Microsoft announced a bunch of interesting new AI models and tools this week. Model launches alway get lots of attention. But don't sleep on the new ASSERT evals framework that launched today.
I'm on record as arguing that 2026 is the year of evals.
Evals are the glue for all the "jobs to be done" at every level of AI: model training; testing and deciding on what models to use and how to use them; and testing and improving AI agents in production.
Evals unify our work on those different layers of the stack.
These days, when we talk about evals, observability, and testing, we're talking about overlapping parts of a large set of tools we're still early on in figuring out.
As the AI engineering ecosystem matures, diversifies, and increases massively in scale, we really, really need good evaluation (observability, monitoring, testing, data management) frameworks.
I got a chance to test the new Microsoft ASSERT evals framework before it was released, and it has some very nice core ideas.
1) ASSERT is open in two important ways. First, the team is serious about broad support for models, frameworks, and use cases. Microsoft spent time understanding voice agent use cases and building Pipecat support, for example. Second, the code is completely open source, released under an open MIT license.
2) We're all working in and with agentic coding tools today. That means we are planning in natural language, and all of our software development and ops tools have to evolve for these new, natural language, workflows. ASSERT takes descriptions of desired agent behavior and generates specifications for the ASSERT suite of tools to run against.
In a world where "English is the programming language," how we actually make natural language "code" precise enough and repeatable enough is perhaps the big unsolved tooling problem that all of us are working towards in different ways. This is true whether we work on coding agents, AI opps tooling, orchestration frameworks, or vertical applications.
3) Microsoft describes ASSERT as a policy-driven framework. Rather than eval against generic performance metrics, ASSERT aims to generate stable but adaptable evaluation criteria for specific agents.
"Policy-driven" also implies a full loop design. Policy (generated from specific requirements) -> evaluation -> optimization -> monitoring in production -> improving the policy description -> evaluation -> ...
4) Enterprise agents need to be evaluated along many dimensions: task completion, individual conversation turn behavior, latency, mode-specific metrics like audio disfluencies, and safety/security. Microsoft designed ASSERT to be used together with a new safety governance toolkit called Agent Control Specification.
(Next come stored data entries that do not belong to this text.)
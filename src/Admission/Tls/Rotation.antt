-- ===== src/Admission/Tls/Rotation.antt =====
-- crates/koprs-admission/src/tls.rs: which certificate a handshake is given, and how often the disk
-- is looked at.
use koprs.Prelude.{
  ℕ, ◌+◌, ◌*◌, ◌≤◌, ◌≡◌, refl, sym, ◌∙◌, ap, ◌&&◌, Bool, true, false, some, Bool-cases, inl, inr,
  ok, arith, length,
}
use koprs.Admission.Tls.{
  Rustls, File, Disk, Accesses, LoadedState, mtime, same_mtime, load, check, is_early, check_if_due,
  maybe_reload, current,
}
use koprs.Admission.Tls.Loaded.{Served, load-Served}
use koprs.Admission.Tls.Reloads.{
  InOrder, IsVersioned, Reach, handshake, started, IsFrom, Reach-IsFrom, same_mtime→eq,
  check-last_check, new-stamped,
}

and_true : {a b : Bool} → (a && b) ≡ true → (a ≡ true) × (b ≡ true)
and_true h = ground arith

module _ {C P K : Type 0} (lib : Rustls C P K) (d : Disk) (interval start : ℕ) where
  -- Whatever the handshakes and the processes that write the files do, and in whatever order: the
  -- certificate that is served is what rustls made of a chain, which is not empty and which it read
  -- from what the certificate file held at some moment up to now, and of a private key, which it
  -- read from what the key file held at some moment up to now, and rustls accepted the two together.
  pub current-load :
      {n t : ℕ} {s : LoadedState K} → Reach lib d interval start n t s → Served lib d t (current s)
  unfolding current
  current-load r =
      let f = Reach-IsFrom lib d interval start r in
      load-Served lib d f.cert_held f.key_held _ _ f.cert_past f.key_past f.parsed

  checks-last_check :
      (a : Accesses) (t n looked locked now : ℕ) (seen s : LoadedState K)
      → t ≤ locked
      → locked ≤ now
      → start + n * interval ≤ s.last_check
      → s.last_check ≤ t
      → let s' = maybe_reload lib interval d a looked locked now seen s in
        (start + (n + length (check_if_due lib interval d a looked locked now seen s).0) * interval
          ≤ s'.last_check)
        × (s'.last_check ≤ now)
  unfolding maybe_reload check_if_due
  checks-last_check a t n looked locked now seen s le le' h past =
      ground (arith, check-last_check lib d interval start a now s)

  Reach-last_check :
      {n t : ℕ} {s : LoadedState K}
      → Reach lib d interval start n t s
      → (start + n * interval ≤ s.last_check) × (s.last_check ≤ t)
  Reach-last_check (started a s o h) =
      let (_, e) = new-stamped lib d interval start a s h in
      let at : s.last_check ≡ start = ap LoadedState.last_check e in (omega arith, omega arith)
  Reach-last_check (handshake {n = n} {t = t} {s = s} r a looked locked now until seen le le' o) =
      let (h, past) = Reach-last_check r in
      let (h', past') = checks-last_check a t n looked locked now seen s le le' h past in
      (h', omega arith)

  -- The files are checked at most once per interval, however many handshakes there are and however
  -- they interleave: from the start on, as many intervals have passed as there were checks.
  pub checks_rate :
      {n t : ℕ} {s : LoadedState K} → Reach lib d interval start n t s → start + n * interval ≤ t
  checks_rate r = omega (arith, Reach-last_check r)

module _ {C P K : Type 0} (lib : Rustls C P K) (d : Disk) where
  load-content :
      (c k c' k' : ℕ)
      → File.content (d.cert c) ≡ File.content (d.cert c')
      → File.content (d.key k) ≡ File.content (d.key k')
      → load lib d c k ≡ load lib d c' k'
  unfolding load
  load-content c k c' k' e e' = rw (e, e') refl

module _ {C P K : Type 0} (lib : Rustls C P K) (d : Disk) (interval start t now until : ℕ)
    (a : Accesses) (s : LoadedState K) (k : K) (x y : ℕ) (cert_versioned : IsVersioned d.cert)
    (key_versioned : IsVersioned d.key) (past : t ≤ now) (order : InOrder now a until)
    (cert_mtime : mtime (d.cert a.cert_stat) ≡ some x)
    (key_mtime : mtime (d.key a.key_stat) ≡ some y)
    (cert_steady : File.content (d.cert a.cert_stat) ≡ File.content (d.cert a.cert_read))
    (key_steady : File.content (d.key a.key_stat) ≡ File.content (d.key a.key_read))
    (loads : load lib d a.cert_read a.key_read ≡ ok k) where
  unchanged-load :
      IsFrom lib d interval start t s → s.cert_mtime ≡ some x → s.key_mtime ≡ some y → s.loaded ≡ k
  unchanged-load f ex ey =
      let cert : File.content (d.cert f.cert_held) ≡ File.content (d.cert a.cert_read) =
        cert_versioned f.cert_seen f.cert_held a.cert_stat x f.cert_order
          (omega (arith, f.cert_past)) (sym f.cert_version ∙ ex) cert_mtime
        ∙ cert_steady in
      let key : File.content (d.key f.key_held) ≡ File.content (d.key a.key_read) =
        key_versioned f.key_seen f.key_held a.key_stat y f.key_order (omega (arith, f.key_past))
          (sym f.key_version ∙ ey) key_mtime
        ∙ key_steady in
      let same : load lib d f.cert_held f.key_held ≡ load lib d a.cert_read a.key_read =
        load-content lib d f.cert_held f.key_held a.cert_read a.key_read cert key in
      cc (same, f.parsed, loads)

  check-load : IsFrom lib d interval start t s → (check lib d a now s).loaded ≡ k
  unfolding check
  check-load f =
      elim (Bool-cases (
        same_mtime (mtime (d.cert a.cert_stat)) s.cert_mtime
        && same_mtime (mtime (d.key a.key_stat)) s.key_mtime)) [
          | inl e ↦ rw e (
              unchanged-load f (sym (same_mtime→eq _ _ (and_true e).0) ∙ cert_mtime)
                (sym (same_mtime→eq _ _ (and_true e).1) ∙ key_mtime))
          | inr e ↦ rw (e, loads) refl
        ]

  -- Provided that a file shows another modification time once it is rewritten, and that both files
  -- have a modification time, stay as they are during a check and load: after any history of handshakes, a handshake that
  -- comes when the interval has passed serves what the files hold now, whether it had to reload or
  -- not.
  pub maybe_reload-load :
      {n : ℕ}
      → (looked locked : ℕ) (seen : LoadedState K) → Reach lib d interval start n t s
      → is_early lib interval looked seen ≡ false
      → is_early lib interval locked s ≡ false
      → current (maybe_reload lib interval d a looked locked now seen s) ≡ k
  unfolding maybe_reload check_if_due current
  maybe_reload-load looked locked seen r e e' =
      rw (maybe_reload, e, e') (check-load (Reach-IsFrom lib d interval start r))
5) Finally, ASSERT is integrated into the Microsoft Foundry ecosystem. Today, AI engineering tools have to be open source and vendor neutral to get attention from developers and gain widespread adoption. *And* it's equally important to give enterprise customers tools that work as a coherent stack.
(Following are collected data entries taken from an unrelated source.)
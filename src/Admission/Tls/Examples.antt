-- ===== src/Admission/Tls/Examples.antt =====
-- crates/koprs-admission/src/tls.rs: a certificate that is rotated at moment 100.
use koprs.Prelude.{
  false, ℕ, ◌+◌, ◌*◌, ◌≤◌, ◌≡◌, refl, String, some, [], ◌∷◌, str_eq, ltb, if◌then◌else◌, ok, err,
  arith,
}
use koprs.Admission.Tls.{
  Rustls, File, Disk, Accesses, LoadedState, mtime, load, new, is_early, check_if_due, maybe_reload,
  current, resolve, reloading,
}
use koprs.Admission.Tls.Loaded.{Served}
use koprs.Admission.Tls.Reloads.{IsVersioned, Reach, started, handshake}
use koprs.Admission.Tls.Rotation.{current-load, checks_rate, maybe_reload-load}

-- A key pair is accepted when both parts are the same.
abbrev lib : Rustls String String String
lib = record {
  certs = λ s. ok (s ∷ []);
  private_key = λ s. ok (some s);
  from_der = λ cs k. elim cs [
    | [] ↦ err "no certificate"
    | c ∷ rest ↦ if str_eq c k then ok k else err "the key does not match"
  ];
  safe_default_protocol_versions = ok tt;
}

abbrev file : ℕ → ℕ → File
file rotated t =
    if ltb t rotated
    then record { modified = ok 1; content = ok "old" }
    else record { modified = ok 90; content = ok "new" }

-- The certificate is rotated before its key.
abbrev disk : Disk
disk = record { cert = file 100; key = file 110 }

abbrev at_start : Accesses
at_start = record { cert_stat = 1; key_stat = 2; cert_read = 3; key_read = 4 }

abbrev between : Accesses
between = record { cert_stat = 101; key_stat = 102; cert_read = 103; key_read = 104 }

abbrev after : Accesses
after = record { cert_stat = 201; key_stat = 202; cert_read = 203; key_read = 204 }

abbrev first : LoadedState String
first = record { loaded = "old"; cert_mtime = some 1; key_mtime = some 1; last_check = 5 }

new-first : new lib disk at_start 5 ≡ ok first
unfolding new
new-first = refl

-- While only one of the files is rewritten, the old certificate is kept, and the next check retries.
abbrev kept : LoadedState String
kept = maybe_reload lib 50 disk between 100 100 100 first first

kept_old : kept ≡ record first { last_check = 100 }
unfolding maybe_reload
kept_old = refl

retried : resolve lib disk after 200 200 200 (reloading 50 kept) ≡ (
  some "new",
  reloading 50
      (record { loaded = "new"; cert_mtime = some 90; key_mtime = some 90; last_check = 200 }),
)
unfolding resolve
retried = refl

too_early : resolve lib disk after 149 149 149 (reloading 50 kept) ≡ (some "old", reloading 50 kept)
unfolding resolve
too_early = refl

file-IsVersioned : (rotated : ℕ) → IsVersioned (file rotated)
unfolding mtime
file-IsVersioned rotated t u v x le le' h h' = ground arith

history : Reach lib disk 50 5 1 104 kept
unfolding check_if_due
history =
    handshake
      (started at_start first (omega arith, omega arith, omega arith, omega arith, omega arith)
        new-first)
      between 100 100 100 104 first (omega arith) (omega arith)
      (omega arith, omega arith, omega arith, omega arith, omega arith)

current-load_example : Served lib disk 104 (current kept)
current-load_example = current-load lib disk 50 5 history

checks_rate_example : 5 + 1 * 50 ≤ 104
checks_rate_example = checks_rate lib disk 50 5 history

shown : mtime (file 100 201) ≡ some 90
unfolding mtime
shown = refl

loads : load lib disk 203 204 ≡ ok "new"
unfolding load
loads = refl

late : is_early lib 50 200 kept ≡ false
unfolding maybe_reload
late = refl

maybe_reload-load_example : current (maybe_reload lib 50 disk after 200 200 200 kept kept) ≡ "new"
maybe_reload-load_example =
    maybe_reload-load lib disk 50 5 104 200 204 after kept "new" 90 90 (file-IsVersioned 100)
      (file-IsVersioned 110) (omega arith)
      (omega arith, omega arith, omega arith, omega arith, omega arith) shown shown refl refl loads
      200 200 kept history late late
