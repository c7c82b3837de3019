-- ===== src/Infra.antt =====
-- infra/: the serial line and the message queue. The operating system's answers are arguments.
pub mod Rs485
pub mod Mq
pub mod Ack
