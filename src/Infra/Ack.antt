-- ===== src/Infra/Ack.antt =====
-- `ack_syncer` of infra/rs485_util.c with its two threads: one in `send_to_rs485_sync`, one in
-- `notify_recv`. Each step is what a thread does between two calls of the pthread library; a wait gives
-- up the lock and takes it again before it ends, and may end without a signal. `fails` is where
-- `send_to_rs485` is given a null pointer.
use comm_traffic_center.Base.{
  ◌≡◌, ◌≢◌, refl, ◌∙◌, arith, Bool, true, false, Status, success, failed,
}

pub data Lock : Type 0 where
  free by_sender by_notifier : Lock

-- Where the sender stands: outside the call; with the lock, before and after it has written to the
-- line; in the wait; at the end of the wait, for the lock, signalled or timed out; with the lock and the
-- result.
pub data Sender : Type 0 where
  outside locked written waiting signalled expired : Sender
  leaving : Status → Sender

-- Where the notifier stands: outside the call, before the lock, with it before and after the signal.
pub data Notifier : Type 0 where
  away wanting holding done : Notifier

pub record Pair : Type 0 where
  pub lock : Lock
  pub sender : Sender
  pub notifier : Notifier

-- `pthread_cond_signal`.
abbrev pub signal : Sender → Sender
signal waiting = signalled
signal s = s

pub data Step (w : Pair) : Pair → Type 0 where
  locks :
      w.sender ≡ outside → w.lock ≡ free → Step w (record w { lock = by_sender; sender = locked })
  fails : w.sender ≡ locked → Step w (record w { lock = free; sender = outside })
  writes_line : w.sender ≡ locked → Step w (record w { sender = written })
  waits : w.sender ≡ written → Step w (record w { lock = free; sender = waiting })
  wakes_alone : w.sender ≡ waiting → Step w (record w { sender = signalled })
  expires : w.sender ≡ waiting → Step w (record w { sender = expired })
  answers :
      w.sender ≡ signalled
      → w.lock ≡ free
      → Step w (record w { lock = by_sender; sender = leaving success })
  gives_up :
      w.sender ≡ expired
      → w.lock ≡ free
      → Step w (record w { lock = by_sender; sender = leaving failed })
  unlocks :
      (r : Status) → w.sender ≡ leaving r → Step w (record w { lock = free; sender = outside })
  calls : w.notifier ≡ away → Step w (record w { notifier = wanting })
  takes :
      w.notifier ≡ wanting
      → w.lock ≡ free
      → Step w (record w { lock = by_notifier; notifier = holding })
  signals : w.notifier ≡ holding → Step w (record w { sender = signal w.sender; notifier = done })
  returns : w.notifier ≡ done → Step w (record w { lock = free; notifier = away })

pub data Reach : Pair → Type 0 where
  created : Reach (record { lock = free; sender = outside; notifier = away })
  next : {w u : Pair} → Reach w → Step w u → Reach u

-- Whether a thread has the lock by where it stands, and by the lock.
abbrev sender_holds : Sender → Bool
sender_holds locked = true
sender_holds written = true
sender_holds (leaving r) = true
sender_holds _ = false

abbrev notifier_holds : Notifier → Bool
notifier_holds holding = true
notifier_holds done = true
notifier_holds _ = false

abbrev is_by_sender : Lock → Bool
is_by_sender by_sender = true
is_by_sender _ = false

abbrev is_by_notifier : Lock → Bool
is_by_notifier by_notifier = true
is_by_notifier _ = false

record Agrees (w : Pair) : Type 0 where
  of_sender : sender_holds w.sender ≡ is_by_sender w.lock
  of_notifier : notifier_holds w.notifier ≡ is_by_notifier w.lock

sender_holds-signal : (s : Sender) → sender_holds (signal s) ≡ sender_holds s
sender_holds-signal waiting = refl
sender_holds-signal outside = refl
sender_holds-signal locked = refl
sender_holds-signal written = refl
sender_holds-signal signalled = refl
sender_holds-signal expired = refl
sender_holds-signal (leaving r) = refl

Step-Agrees : {w u : Pair} → Step w u → Agrees w → Agrees u
Step-Agrees {w} (signals e) a = record {
  of_sender = sender_holds-signal w.sender ∙ a.of_sender;
  of_notifier = ground (arith, a.of_notifier);
}
Step-Agrees (locks e f) a = ground (arith, a)
Step-Agrees (fails e) a = ground (arith, a)
Step-Agrees (writes_line e) a = ground (arith, a)
Step-Agrees (waits e) a = ground (arith, a)
Step-Agrees (wakes_alone e) a = ground (arith, a)
Step-Agrees (expires e) a = ground (arith, a)
Step-Agrees (answers e f) a = ground (arith, a)
Step-Agrees (gives_up e f) a = ground (arith, a)
Step-Agrees (unlocks r e) a = ground (arith, a)
Step-Agrees (calls e) a = ground (arith, a)
Step-Agrees (takes e f) a = ground (arith, a)
Step-Agrees (returns e) a = ground (arith, a)

Reach-Agrees : {w : Pair} → Reach w → Agrees w
Reach-Agrees created = record { of_sender = refl; of_notifier = refl }
Reach-Agrees (next r st) = Step-Agrees st (Reach-Agrees r)

-- In every order of steps, where `notify_recv` is about to signal it has the lock, and no thread is in
-- `send_to_rs485_sync` between its lock and its wait: the signal for what comes in after the sender has
-- written is not given before the sender waits.
pub notify_recv_in_time :
    (w : Pair)
    → Reach w
    → w.notifier ≡ holding
    → (w.sender ≢ locked) × (w.sender ≢ written) × (w.lock ≡ by_notifier)
notify_recv_in_time w r e = ground (arith, Reach-Agrees r)
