-- ===== src/Infra/Mq.antt =====
-- infra/mq_util.c. What `mq_open`, `mq_timedsend` and `mq_timedreceive` answer is an argument: a
-- function of what the code passes, and the message that was received.
use comm_traffic_center.Base.{
  ℕ, ◌+◌, Option, none, some, Bytes, ℤ, is_minus_one, is_nonzero, is_not_pos, if◌then◌else◌, Status,
  success, failed,
}

-- `mq_maxmsg` and `mq_msgsize`, and the queue's descriptor.
pub record Queue : Type 0 where
  pub mq_maxmsg : ℕ
  pub mq_msgsize : ℕ
  pub mqdes_int : ℤ

-- `mq_open` answers `mqd` on the attributes that it is given.
unfoldable pub open_msg_queue : (ℕ → ℕ → ℤ) → ℕ → Queue → Status × Queue
open_msg_queue mq_open msg_size q =
    let opened : Queue = record {
      mq_maxmsg = 64;
      mq_msgsize = msg_size;
      mqdes_int = mq_open 64 msg_size;
    } in
    if is_minus_one opened.mqdes_int then (failed, opened) else (success, opened)

-- The descriptor that is closed.
unfoldable pub close_msg_queue : Queue → ℤ
close_msg_queue q = q.mqdes_int

-- `mq_timedsend` answers by the message, its length and the second at which it gives up.
unfoldable pub send_msg_to_mq : (Bytes → ℕ → ℕ → ℤ) → ℕ → Option Bytes → ℕ → Status
send_msg_to_mq mq_timedsend now none len = failed
send_msg_to_mq mq_timedsend now (some m) len =
    if is_nonzero (mq_timedsend m len (now + 1)) then failed else success

-- `mq_timedreceive` answers the number of bytes, and the buffer that it has filled.
unfoldable pub recv_msg_from_mq :
    (Bytes → ℕ → ℕ → ℤ × Bytes) → ℕ → Option Bytes → ℕ → Status × Option Bytes
recv_msg_from_mq mq_timedreceive now none len = (failed, none)
recv_msg_from_mq mq_timedreceive now (some m) len =
    let (rcvd, m') = mq_timedreceive m len (now + 1) in
    if is_not_pos rcvd then (failed, some m') else (success, some m')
This is hard to do well. There are real tensions between open source development versus engineering a great full stack developer experience. However, if you sweat the details on both ends, you benefit from a full spectrum of feedback about real-world development pain points. It's more work, but it's worth it!
Kudos to Microsoft for embracing this and committing to an open, community oriented approach, plus doing the extra work to build the full stack for enterprise customers.